THE TASK ▸
Scan the data below. Pull out each line where "antt" occurs.

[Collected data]
******************************
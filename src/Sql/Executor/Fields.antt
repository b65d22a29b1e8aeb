-- ===== src/Sql/Executor/Fields.antt =====
-- The columns that a query names (src/sql/executor.rs).
use dirbase.Prelude.{String, Bool, not, ◌&&◌, Option, none, some, List, [], ◌∷◌, if◌then◌else◌}
use dirbase.BTreeMap
use dirbase.BTreeMap.{BTreeMap}
use dirbase.Error.{AppError, app_error, bad_request, Result, ok, err, ok_or, ◌>>=◌, ◌>>◌}
use dirbase.Runtime.{Runtime}
use dirbase.Text.{format, split_once}
use dirbase.Schema.Types.{TableSchema, ColumnSchema}
use dirbase.Query.Types.{FilterCondition, SortColumn}
use dirbase.App.FileSystem.{FileSystem}
use dirbase.App.State.{AppState, schema_table}
use dirbase.Sql.Types.{ParsedSqlJoin, ParsedSqlProjection}

unknown_alias : String → String → AppError
unknown_alias prefix field =
    app_error bad_request
      (format ("Unknown table alias '" ∷ prefix ∷ "' in column reference '" ∷ field ∷ "'" ∷ []))

unknown_column : String → String → AppError
unknown_column field context =
    app_error bad_request (format ("Unknown column '" ∷ field ∷ "' in " ∷ context ∷ []))

add_aliases : List ParsedSqlJoin → BTreeMap String → BTreeMap String
add_aliases [] aliases = aliases
add_aliases (join ∷ joins) aliases =
    add_aliases joins (
      BTreeMap.insert (BTreeMap.insert aliases join.alias join.resource) join.resource
        join.resource)

-- The table and the column of a field, `alias.column` or a column of the first table.
field_target :
    String
    → String
    → List ParsedSqlJoin
    → String
    → Option (String × String)
    → Result (String × String) AppError
unfolding add_aliases unknown_alias
field_target resource resource_alias joins field none = ok (resource, field)
field_target resource resource_alias joins field (some (prefix, column)) = do
  target_resource ←
      ok_or
        (BTreeMap.get
          (add_aliases joins
            (BTreeMap.insert (BTreeMap.insert [] resource_alias resource) resource resource))
          prefix)
        (unknown_alias prefix field)
  ok (target_resource, column)

unfoldable pub resolve_sql_field_target :
    String → String → List ParsedSqlJoin → String → Result (String × String) AppError
unfolding field_target
resolve_sql_field_target resource resource_alias joins field =
    field_target resource resource_alias joins field (split_once b'.' field)

module _ ⦃rt : Runtime⦄ where
  abbrev is_empty_map : BTreeMap ColumnSchema → Bool
  is_empty_map [] = Bool.true
  is_empty_map (entry ∷ columns) = Bool.false

  check_column : Option TableSchema → String → String → String → Result (Unit {0}) AppError
  unfolding unknown_column
  check_column none column_name field context = ok tt
  check_column (some table) column_name field context =
      if not (is_empty_map table.columns) && not (BTreeMap.contains_key table.columns column_name)
      then err (unknown_column field context)
      else ok tt

  module _ ⦃fs : FileSystem⦄ (state : AppState) (resource resource_alias : String)
      (joins : List ParsedSqlJoin) where
    unfoldable pub validate_sql_field : String → String → Result (Unit {0}) AppError
    unfolding check_column
    validate_sql_field field context = do
      target ← resolve_sql_field_target resource resource_alias joins field
      check_column (schema_table state target.0) target.1 field context

    check_fields {ℓ} : {A : Type ℓ} → (A → String) → String → List A → Result (Unit {0}) AppError
    check_fields field_of context [] = ok tt
    check_fields field_of context (item ∷ items) = do
      validate_sql_field (field_of item) context
      check_fields field_of context items

    check_projections : Option (List ParsedSqlProjection) → Result (Unit {0}) AppError
    unfolding check_fields
    check_projections none = ok tt
    check_projections (some columns) = check_fields (λ c. c.source) "SELECT projection" columns

    unfoldable pub validate_sql_query_fields :
        Option (List ParsedSqlProjection)
        → List FilterCondition
        → List SortColumn
        → Result (Unit {0}) AppError
    unfolding check_projections check_fields
    validate_sql_query_fields selected_columns filters sort_columns = do
      check_projections selected_columns
      check_fields (λ f. f.field_path) "WHERE clause" filters
      check_fields (λ s. s.field_path) "ORDER BY clause" sort_columns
******************************
RESPONSE FOR THIS EXERCISE ▸
filename src/Sql/Executor/Fields.antt
-- ===== src/Sql/Executor/Fields.antt =====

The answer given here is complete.